[Data for the task]

-- ===== src/Plugins/Tests.antt =====
-- Hooks at concrete inputs: a plugin that adds an argument, one that times out, and one that is
-- restricted to a server.
use argus_mcp.Base.{◌≡◌, ◌≢◌, refl, true, String, none, some, List, [], ◌∷◌, text_keys}
use argus_mcp.Base.Dict.{insert, update}
use argus_mcp.Requests.{returned}
use argus_mcp.Plugins.{
  ExecutionMode, permissive, enforce, PluginConfig, PluginContext, Plugin, HookOutcome, finished,
  timed_out, attempt, matches_conditions, run_hook, run_plugins, get_by_hook, insert_by_priority,
}
use argus_mcp.Plugins.Isolation.{run_hook-failing, run_hook-elsewhere}

abbrev config : String → List String → ExecutionMode → PluginConfig
config name servers mode = record {
  name = name;
  enabled = true;
  execution_mode = mode;
  priority = 10;
  conditions = record { servers = servers; tools = []; mcp_methods = [] };
}

abbrev stamps : PluginContext String String → HookOutcome String String
stamps c = finished (record c { arguments = insert c.arguments "stamp" "yes" })

abbrev slow : PluginContext String String → HookOutcome String String
slow c = timed_out (record { argument = λ k a. a; metadatum = λ k v. v; outcome = λ r. r })

abbrev stamping : Plugin String String
stamping = record { config = config "stamping" [] enforce; hook = λ h. some stamps }

abbrev hanging : Plugin String String
hanging = record { config = config "hanging" [] permissive; hook = λ h. some slow }

abbrev wiki_only : Plugin String String
wiki_only = record { config = config "wiki" ("wiki" ∷ []) enforce; hook = λ h. some stamps }

abbrev context : PluginContext String String
context = record {
  capability_name = "search";
  mcp_method = "call_tool";
  arguments = [];
  server_name = "";
  metadata = [];
  result = none;
}

stamped :
    run_hook "tool_pre_invoke" "search" "" "call_tool" (stamping ∷ []) context
    ≡ returned (record context { arguments = ("stamp", "yes") ∷ [] })
unfolding run_hook run_plugins get_by_hook insert_by_priority attempt matches_conditions insert
    update
stamped = refl

run_hook-failing_example :
    run_hook "tool_pre_invoke" "search" "" "call_tool" (stamping ∷ hanging ∷ []) context
    ≡ run_hook "tool_pre_invoke" "search" "" "call_tool" (stamping ∷ []) context
run_hook-failing_example =
    run_hook-failing "tool_pre_invoke" "search" "" "call_tool" hanging slow (stamping ∷ []) []
      context refl (λ c. (λ k a. refl, λ k v. refl, λ r. refl)) refl

restricted : wiki_only.config.conditions.servers ≢ []
restricted = λ e. absurd (cc)

run_hook-elsewhere_example :
    run_hook "tool_pre_invoke" "search" "" "call_tool" (wiki_only ∷ []) context
    ≡ run_hook "tool_pre_invoke" "search" "" "call_tool" [] context
run_hook-elsewhere_example =
    run_hook-elsewhere "tool_pre_invoke" "search" "call_tool" wiki_only [] [] context restricted
      refl refl
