-- ===== src/OneRole/Levels.antt =====
-- reset_exp_levelup, reset_one_role_attribute and fill_one_role_attr_changed of one_role.c: the
-- attributes that a level gives, and the list that tells the client.
use txgg.Base.{
  ℕ, ◌≡◌, ◌≢◌, refl, ap, ◌∙◌, ==_ne, Option, none, some, List, [], ◌∷◌, ◌==◌, if◌then◌else◌, get_or,
  Code, ok, err,
}
use txgg.OneRole.{OneRole, CfgAttribute, CfgPlayer}

-- ATTR__ID__
pub data AttrId : Type 0 where
  hp_max hp_cur phy_attack phy_defence magic_attack magic_defence parry_rate counterattack_rate :
      AttrId
  hit_rate jink_rate crit_rate speed level strength brain charm agile : AttrId

-- Its number in the protocol.
abbrev pub number : AttrId → ℕ
number hp_cur = 1
number hp_max = 2
number phy_attack = 3
number phy_defence = 4
number magic_attack = 5
number magic_defence = 6
number parry_rate = 7
number counterattack_rate = 8
number hit_rate = 9
number jink_rate = 10
number crit_rate = 11
number speed = 12
number level = 14
number strength = 17
number brain = 18
number charm = 19
number agile = 20

-- AttrChanged
pub record AttrChanged : Type 0 where
  pub friend_pos : ℕ
  pub id : AttrId
  pub new_value : ℕ

-- The assignments of reset_one_role_attribute.
unfoldable pub set_attributes : OneRole → CfgAttribute → OneRole
set_attributes r cfg = record r {
  strength = cfg.strength;
  brain = cfg.brain;
  charm = cfg.charm;
  agile = cfg.agile;
  attr = record r.attr { hp_max = cfg.hp; hp_cur = cfg.hp; power = cfg.power };
}

-- The tables by profession and level, and by id.
module _ (get_player_config : ℕ → ℕ → Option CfgPlayer) where
  -- reset_exp_levelup
  unfoldable pub reset_exp_levelup : OneRole → Code × OneRole
  reset_exp_levelup r = elim (get_player_config r.profession r.attr.level) [
    | none ↦ (err 1, record r { exp_levelup = 0xffff_ffff })
    | some config ↦ (ok 0, record r { exp_levelup = config.exp })
  ]

  module _ (get_attribute_config : ℕ → Option CfgAttribute) where
    -- reset_one_role_attribute
    unfoldable pub reset_one_role_attribute : OneRole → OneRole
    unfolding set_attributes
    reset_one_role_attribute r =
        if get_or r.attr.name 0 0 == 0
        then r
        else elim (get_player_config r.profession r.attr.level) [
          | none ↦ r
          | some role_cfg ↦ elim (get_attribute_config role_cfg.attribute) [
            | none ↦ r
            | some attr_cfg ↦ set_attributes r attr_cfg
          ]
        ]

-- fill_one_role_attr_changed
unfoldable pub fill_one_role_attr_changed : OneRole → ℕ → List AttrChanged
fill_one_role_attr_changed r pos =
    record { friend_pos = pos; id = hp_max; new_value = r.attr.hp_max }
    ∷ record { friend_pos = pos; id = hp_cur; new_value = r.attr.hp_cur }
    ∷ record { friend_pos = pos; id = phy_attack; new_value = r.attr.power.phy_attack }
    ∷ record { friend_pos = pos; id = phy_defence; new_value = r.attr.power.phy_defence }
    ∷ record { friend_pos = pos; id = magic_attack; new_value = r.attr.power.magic_attack }
    ∷ record { friend_pos = pos; id = magic_defence; new_value = r.attr.power.magic_defence }
    ∷ record { friend_pos = pos; id = parry_rate; new_value = r.attr.power.parry_rate }
    ∷ record {
      friend_pos = pos;
      id = counterattack_rate;
      new_value = r.attr.power.counterattack_rate;
    }
    ∷ record { friend_pos = pos; id = hit_rate; new_value = r.attr.power.hit_rate }
    ∷ record { friend_pos = pos; id = jink_rate; new_value = r.attr.power.jink_rate }
    ∷ record { friend_pos = pos; id = crit_rate; new_value = r.attr.power.crit_rate }
    ∷ record { friend_pos = pos; id = speed; new_value = r.attr.power.speed }
    ∷ record { friend_pos = pos; id = level; new_value = r.attr.level }
    ∷ record { friend_pos = pos; id = strength; new_value = r.strength }
    ∷ record { friend_pos = pos; id = brain; new_value = r.brain }
    ∷ record { friend_pos = pos; id = charm; new_value = r.charm }
    ∷ record { friend_pos = pos; id = agile; new_value = r.agile }
    ∷ []

-- What a client that replays the changes holds of each attribute: the last value of an id counts.
abbrev pub replay : List AttrChanged → (AttrId → ℕ) → AttrId → ℕ
replay [] known = known
replay (c ∷ cs) known = replay cs (λ i. if number c.id == number i then c.new_value else known i)

-- What a row of the table and a level give.
abbrev pub configured : CfgAttribute → ℕ → AttrId → ℕ
configured cfg lv hp_max = cfg.hp
configured cfg lv hp_cur = cfg.hp
configured cfg lv phy_attack = cfg.power.phy_attack
configured cfg lv phy_defence = cfg.power.phy_defence
configured cfg lv magic_attack = cfg.power.magic_attack
configured cfg lv magic_defence = cfg.power.magic_defence
configured cfg lv parry_rate = cfg.power.parry_rate
configured cfg lv counterattack_rate = cfg.power.counterattack_rate
configured cfg lv hit_rate = cfg.power.hit_rate
configured cfg lv jink_rate = cfg.power.jink_rate
configured cfg lv crit_rate = cfg.power.crit_rate
configured cfg lv speed = cfg.power.speed
configured cfg lv level = lv
configured cfg lv strength = cfg.strength
configured cfg lv brain = cfg.brain
configured cfg lv charm = cfg.charm
configured cfg lv agile = cfg.agile

filled :
    (r : OneRole) (pos : ℕ) (cfg : CfgAttribute) (known : AttrId → ℕ) (i : AttrId)
    → replay (fill_one_role_attr_changed (set_attributes r cfg) pos) known i
      ≡ configured cfg r.attr.level i
unfolding fill_one_role_attr_changed set_attributes
filled r pos cfg known hp_max = refl
filled r pos cfg known hp_cur = refl
filled r pos cfg known phy_attack = refl
filled r pos cfg known phy_defence = refl
filled r pos cfg known magic_attack = refl
filled r pos cfg known magic_defence = refl
filled r pos cfg known parry_rate = refl
filled r pos cfg known counterattack_rate = refl
filled r pos cfg known hit_rate = refl
filled r pos cfg known jink_rate = refl
filled r pos cfg known crit_rate = refl
filled r pos cfg known speed = refl
filled r pos cfg known level = refl
filled r pos cfg known strength = refl
filled r pos cfg known brain = refl
filled r pos cfg known charm = refl
filled r pos cfg known agile = refl

module _ (get_player_config : ℕ → ℕ → Option CfgPlayer) where
  module _ (get_attribute_config : ℕ → Option CfgAttribute) where
    module _ (r : OneRole) (row : CfgPlayer) (cfg : CfgAttribute) where
      reset_lem :
          get_or r.attr.name 0 0 ≢ 0
          → get_player_config r.profession r.attr.level ≡ some row
          → get_attribute_config row.attribute ≡ some cfg
          → reset_one_role_attribute get_player_config get_attribute_config r ≡ set_attributes r cfg
      unfolding reset_one_role_attribute
      reset_lem h e e' = rw (==_ne (get_or r.attr.name 0 0) 0 h, e, e') refl

      -- A client that replays the changes reported after reset_one_role_attribute holds, for every
      -- attribute and whatever it knew before, the value that the tables give a named fighter of this
      -- profession and level.
      pub replay-reset_one_role_attribute :
          (pos : ℕ) (known : AttrId → ℕ) (i : AttrId)
          → get_or r.attr.name 0 0 ≢ 0
          → get_player_config r.profession r.attr.level ≡ some row
          → get_attribute_config row.attribute ≡ some cfg
          → replay
              (fill_one_role_attr_changed
                (reset_one_role_attribute get_player_config get_attribute_config r)
                pos)
              known
              i
            ≡ configured cfg r.attr.level i
      replay-reset_one_role_attribute pos known i h e e' =
          ap (λ q. replay (fill_one_role_attr_changed q pos) known i) (reset_lem h e e')
          ∙ filled r pos cfg known i
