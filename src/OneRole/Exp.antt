-- ===== src/OneRole/Exp.antt =====
-- give_role_exp of role.c: the experience of the figures of a role, and the levels that it makes.
pub mod Climb
mod Tests
use txgg.Base.{
  ℕ, zero, suc, ◌+◌, ◌%◌, ◌≤◌, ◌<◌, ◌≡◌, ◌⊎◌, inl, inr, refl, ap, sym, subst, ◌∙◌, Bool, true,
  false, Bool-cases, Option-cases, Option, none, some, List, [], ◌∷◌, ◌++◌, map, arith, ltb, ◌==◌,
  ==_iff, ltb→lt, if◌then◌else◌, ◌>>=◌, get_or, Code, u16_mod, add32,
}
use txgg.OneRole.{OneRole, Attribute, CfgAttribute, CfgPlayer}
use txgg.OneRole.Levels.{
  AttrChanged, reset_exp_levelup, reset_one_role_attribute, fill_one_role_attr_changed,
}

-- is_role_friend_exist
abbrev pub is_role_friend_exist : OneRole → Bool
is_role_friend_exist r = if get_or r.attr.name 0 0 == 0 then false else true

-- The notification: the experience of the first figure, `none` where it is not set, and the changes
-- that follow it.
pub record ExpNotify : Type 0 where
  pub exp : Option ℕ
  pub attr : List AttrChanged

module _ (get_player_config : ℕ → ℕ → Option CfgPlayer) where
  -- The body of the inner loop.
  unfoldable pub level_up : OneRole → OneRole
  unfolding reset_exp_levelup
  level_up r =
      let raised : OneRole = record r {
        attr = record r.attr { level = (r.attr.level + 1) % u16_mod };
      } in
      (reset_exp_levelup get_player_config raised).1

  -- The inner loop, `none` where the fuel is used up: the figure, and whether it is dirty.
  unfoldable pub level_loop : ℕ → OneRole → Bool → Option (OneRole × Bool)
  unfolding level_up
  level_loop zero r dirty = none
  level_loop (suc n) r dirty = elim (ltb r.exp r.exp_levelup) [
    | true ↦ some (r, dirty)
    | false ↦ level_loop n (level_up r) true
  ]

  -- The body of the first loop, for a figure that exists.
  pub give_exp : ℕ → OneRole → Option (OneRole × Bool)
  unfolding level_loop
  give_exp exp r = level_loop u16_mod (record r { exp = add32 r.exp exp }) false

  -- The first loop, which ends at the first figure that does not exist.
  unfoldable pub give_all : ℕ → List OneRole → Option (List (OneRole × Bool))
  unfolding give_exp
  give_all exp [] = some []
  give_all exp (r ∷ rs) =
      if is_role_friend_exist r
      then (give_exp exp r >>= λ x. give_all exp rs >>= λ xs. some (x ∷ xs))
      else some (map (λ x. (x, false)) (r ∷ rs))

  module _ (get_attribute_config : ℕ → Option CfgAttribute) where
    -- The second loop.
    unfoldable pub reset_dirty : ℕ → List (OneRole × Bool) → List OneRole × List AttrChanged
    reset_dirty pos [] = ([], [])
    reset_dirty pos ((r, dirty) ∷ rs) =
        let (rest, changes) = reset_dirty (suc pos) rs in
        let r' = reset_one_role_attribute get_player_config get_attribute_config r in
        if dirty
        then (r' ∷ rest, fill_one_role_attr_changed r' pos ++ changes)
        else (r ∷ rest, changes)

    -- give_role_exp on the figures of a role.
    pub give_role_exp : ℕ → List OneRole → Option (List OneRole × ExpNotify)
    unfolding give_all reset_dirty
    give_role_exp exp rs = give_all exp rs >>= λ given.
        let (rs', changes) = reset_dirty 0 given in
        some (rs', record { exp = first given; attr = changes })
      where
        first : List (OneRole × Bool) → Option ℕ
        first [] = none
        first ((r, dirty) ∷ xs) = if is_role_friend_exist r then some r.exp else none

  -- The experience that a level asks for.
  pub threshold : ℕ → ℕ → ℕ
  threshold profession level = elim (get_player_config profession level) [
    | none ↦ 0xffff_ffff
    | some row ↦ row.exp
  ]

  -- What the loop makes of a figure.
  pub Raised : OneRole → Option (OneRole × Bool) → Type 0
  Raised r none = ⊥
  Raised r (some (r', dirty)) =
      (r'
        ≡ record r { exp_levelup = r'.exp_levelup; attr = record r.attr { level = r'.attr.level } })
      × (r.exp < r'.exp_levelup)
      × (((dirty ≡ false) × (r'.attr.level ≡ r.attr.level) × (r'.exp_levelup ≡ r.exp_levelup))
          ⊎ ((dirty ≡ true)
              × (r.attr.level < r'.attr.level)
              × (r'.exp_levelup ≡ threshold r.profession r'.attr.level)
              × (r.exp_levelup ≤ r.exp)
              × ((k : ℕ)
                  → r.attr.level < k
                  → k < r'.attr.level
                  → threshold r.profession k ≤ r.exp)))
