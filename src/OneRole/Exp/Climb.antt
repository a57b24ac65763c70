-- ===== src/OneRole/Exp/Climb.antt =====
-- The loop of give_role_exp that raises the level.
use txgg.Base.{
  ℕ, zero, suc, ◌+◌, ◌%◌, ◌≤◌, ◌<◌, ◌≡◌, ◌⊎◌, inl, inr, refl, ap, sym, subst, ◌∙◌, Bool, true,
  false, Bool-cases, Option-cases, Option, none, some, arith, ltb, ◌==◌, ==_iff, ltb→lt, u16_mod,
  add32,
}
use txgg.OneRole.{OneRole, CfgPlayer}
use txgg.OneRole.Exp.{level_up, level_loop, give_exp, threshold, Raised}

mod_small : (n : ℕ) → n < u16_mod → n % u16_mod ≡ n
mod_small n small = omega arith

le_cases : (a b : ℕ) → a ≤ b → (a ≡ b) ⊎ (a + 1 ≤ b)
le_cases a b le = elim (Bool-cases (a == b)) [
  | inl e ↦ inl ((==_iff a b).0 e)
  | inr e ↦ inr (ground (arith, e, le))
]

module _ (get_player_config : ℕ → ℕ → Option CfgPlayer) where
  at_level : OneRole → ℕ → OneRole
  at_level r lv = record r {
    exp_levelup = threshold get_player_config r.profession lv;
    attr = record r.attr { level = lv };
  }

  raised : OneRole → OneRole
  raised r = at_level r (r.attr.level + 1)

  level_up_wraps :
      (r : OneRole) → level_up get_player_config r ≡ at_level r ((r.attr.level + 1) % u16_mod)
  unfolding level_up threshold at_level
  level_up_wraps r =
      elim (Option-cases (get_player_config r.profession ((r.attr.level + 1) % u16_mod))) [
        | inl e ↦ rw (level_up, threshold, e) refl
        | inr (row, e) ↦ rw (level_up, threshold, e) refl
      ]

  level_up_lem :
      (r : OneRole) → r.attr.level + 1 < u16_mod → level_up get_player_config r ≡ raised r
  unfolding raised
  level_up_lem r small = level_up_wraps r ∙ ap (at_level r) (mod_small (r.attr.level + 1) small)

  -- What the loop makes of a figure whose row has been looked up.
  Climbed : OneRole → Option (OneRole × Bool) → Type 0
  Climbed r none = ⊥
  Climbed r (some (r', dirty)) =
      (dirty ≡ true)
      × (r' ≡ record r {
        exp_levelup = r'.exp_levelup;
        attr = record r.attr { level = r'.attr.level };
      })
      × (r.exp < r'.exp_levelup)
      × (r.attr.level ≤ r'.attr.level)
      × (r'.exp_levelup ≡ threshold get_player_config r.profession r'.attr.level)
      × ((k : ℕ)
          → r.attr.level ≤ k
          → k < r'.attr.level
          → threshold get_player_config r.profession k ≤ r.exp)

  one_level_on :
      (r : OneRole) (o : Option (OneRole × Bool))
      → threshold get_player_config r.profession r.attr.level ≤ r.exp
      → Climbed (raised r) o
      → Climbed r o
  unfolding Climbed raised at_level
  one_level_on r none t c = c
  one_level_on r (some (r', dirty)) t (d, e, lt, le, at_row, passed) = (
    d,
    e,
    lt,
    omega (arith, le),
    at_row,
    λ k from to. elim (le_cases r.attr.level k from) [
      | inl same ↦ subst (λ x. threshold get_player_config r.profession x ≤ r.exp) same t
      | inr more ↦ passed k more to
    ],
  )

  loop_ends :
      (n : ℕ) (r : OneRole) (dirty : Bool)
      → ltb r.exp r.exp_levelup ≡ true
      → level_loop get_player_config (suc n) r dirty ≡ some (r, dirty)
  unfolding level_loop
  loop_ends n r dirty e = rw (level_loop, e) refl

  loop_goes :
      (n : ℕ) (r : OneRole) (dirty : Bool)
      → ltb r.exp r.exp_levelup ≡ false
      → r.attr.level + 1 < u16_mod
      → level_loop get_player_config (suc n) r dirty
        ≡ level_loop get_player_config n (raised r) true
  unfolding level_loop
  loop_goes n r dirty e small =
      rw (level_loop, e) (ap (λ x. level_loop get_player_config n x true) (level_up_lem r small))

  module _ (top : ℕ) (small : top < u16_mod) where
    climbs :
        (n : ℕ) (r : OneRole)
        → threshold get_player_config r.profession top ≡ 0xffff_ffff
        → r.exp < 0xffff_ffff
        → r.attr.level ≤ top
        → top < n + r.attr.level
        → r.exp_levelup ≡ threshold get_player_config r.profession r.attr.level
        → Climbed r (level_loop get_player_config n r true)
    unfolding Climbed raised at_level
    climbs zero r last few below fuel at_row = absurd (omega (arith, below, fuel))
    climbs (suc n) r last few below fuel at_row = elim (Bool-cases (ltb r.exp r.exp_levelup)) [
      | inl e ↦ subst (Climbed r) (sym (loop_ends n r true e)) (
        refl,
        refl,
        ltb→lt _ _ e,
        omega arith,
        at_row,
        λ k from to. absurd (omega (arith, from, to)),
      )
      | inr e ↦
          let more : threshold get_player_config r.profession r.attr.level ≤ r.exp =
            subst (λ x. x ≤ r.exp) at_row (ground (arith, e)) in
          let under = under_top more (le_cases r.attr.level top below) in
          subst (Climbed r) (sym (loop_goes n r true e (omega (arith, under, small))))
            (one_level_on r _ more (climbs n (raised r) last few under (omega (arith, fuel)) refl))
    ]
      where
        under_top :
            threshold get_player_config r.profession r.attr.level ≤ r.exp
            → (r.attr.level ≡ top) ⊎ (r.attr.level + 1 ≤ top)
            → r.attr.level + 1 ≤ top
        under_top more (inr le) = le
        under_top more (inl same) =
            absurd
              (omega (arith, few, more, last, ap (threshold get_player_config r.profession) same))

    raises :
        (n : ℕ) (r : OneRole)
        → threshold get_player_config r.profession top ≡ 0xffff_ffff
        → r.exp < 0xffff_ffff
        → r.attr.level < top
        → top < suc n + r.attr.level
        → Raised get_player_config r (level_loop get_player_config (suc n) r false)
    unfolding Raised raised at_level Climbed
    raises n r last few below fuel = elim (Bool-cases (ltb r.exp r.exp_levelup)) [
      | inl e ↦
          subst (Raised get_player_config r) (sym (loop_ends n r false e))
            (refl, ltb→lt _ _ e, inl (refl, refl, refl))
      | inr e ↦
          subst (Raised get_player_config r)
            (sym (loop_goes n r false e (omega (arith, below, small))))
            (whole_climb (level_loop get_player_config n (raised r) true) (ground (arith, e))
              (climbs n (raised r) last few (omega (arith, below)) (omega (arith, fuel)) refl))
    ]
      where
        whole_climb :
            (o : Option (OneRole × Bool))
            → r.exp_levelup ≤ r.exp
            → Climbed (raised r) o
            → Raised get_player_config r o
        whole_climb none more c = c
        whole_climb (some (r', dirty)) more (d, e, lt, le, row, passed) = (
          e,
          lt,
          inr (d, omega (arith, le), row, more, λ k from to. passed k (omega (arith, from)) to),
        )

    -- A figure that gains experience in give_role_exp, whose level is below a level `top` that the
    -- table does not have, and whose experience then is below 2 ^ 32 - 1: the loop ends, and the
    -- figure has less experience than its exp_levelup. Either it kept its level and its exp_levelup;
    -- or its experience had reached that bound, it is marked for new attributes, its exp_levelup is
    -- that of the row of its new level, and the new level is the first higher one whose row asks for
    -- more experience than it has. Nothing else of it changes.
    pub give_exp-Raised :
        (exp : ℕ) (r : OneRole)
        → get_player_config r.profession top ≡ none
        → r.attr.level < top
        → add32 r.exp exp < 0xffff_ffff
        → Raised get_player_config
            (record r { exp = add32 r.exp exp })
            (give_exp get_player_config exp r)
    unfolding give_exp threshold
    give_exp-Raised exp r last below few =
        raises 65535 (record r { exp = add32 r.exp exp }) (rw (threshold, last) refl) few below
          (omega arith)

[/Data for the task]

● **Problem to solve**: The required output is every line above from the one with "id = hit_rate;" down to the one with "id = speed;", restated word for word, ends included.

● **Output**:
    ∷ record { friend_pos = pos; id = hit_rate; new_value = r.attr.power.hit_rate }
    ∷ record { friend_pos = pos; id = jink_rate; new_value = r.attr.power.jink_rate }
    ∷ record { friend_pos = pos; id = crit_rate; new_value = r.attr.power.crit_rate }
    ∷ record { friend_pos = pos; id = speed; new_value = r.attr.power.speed }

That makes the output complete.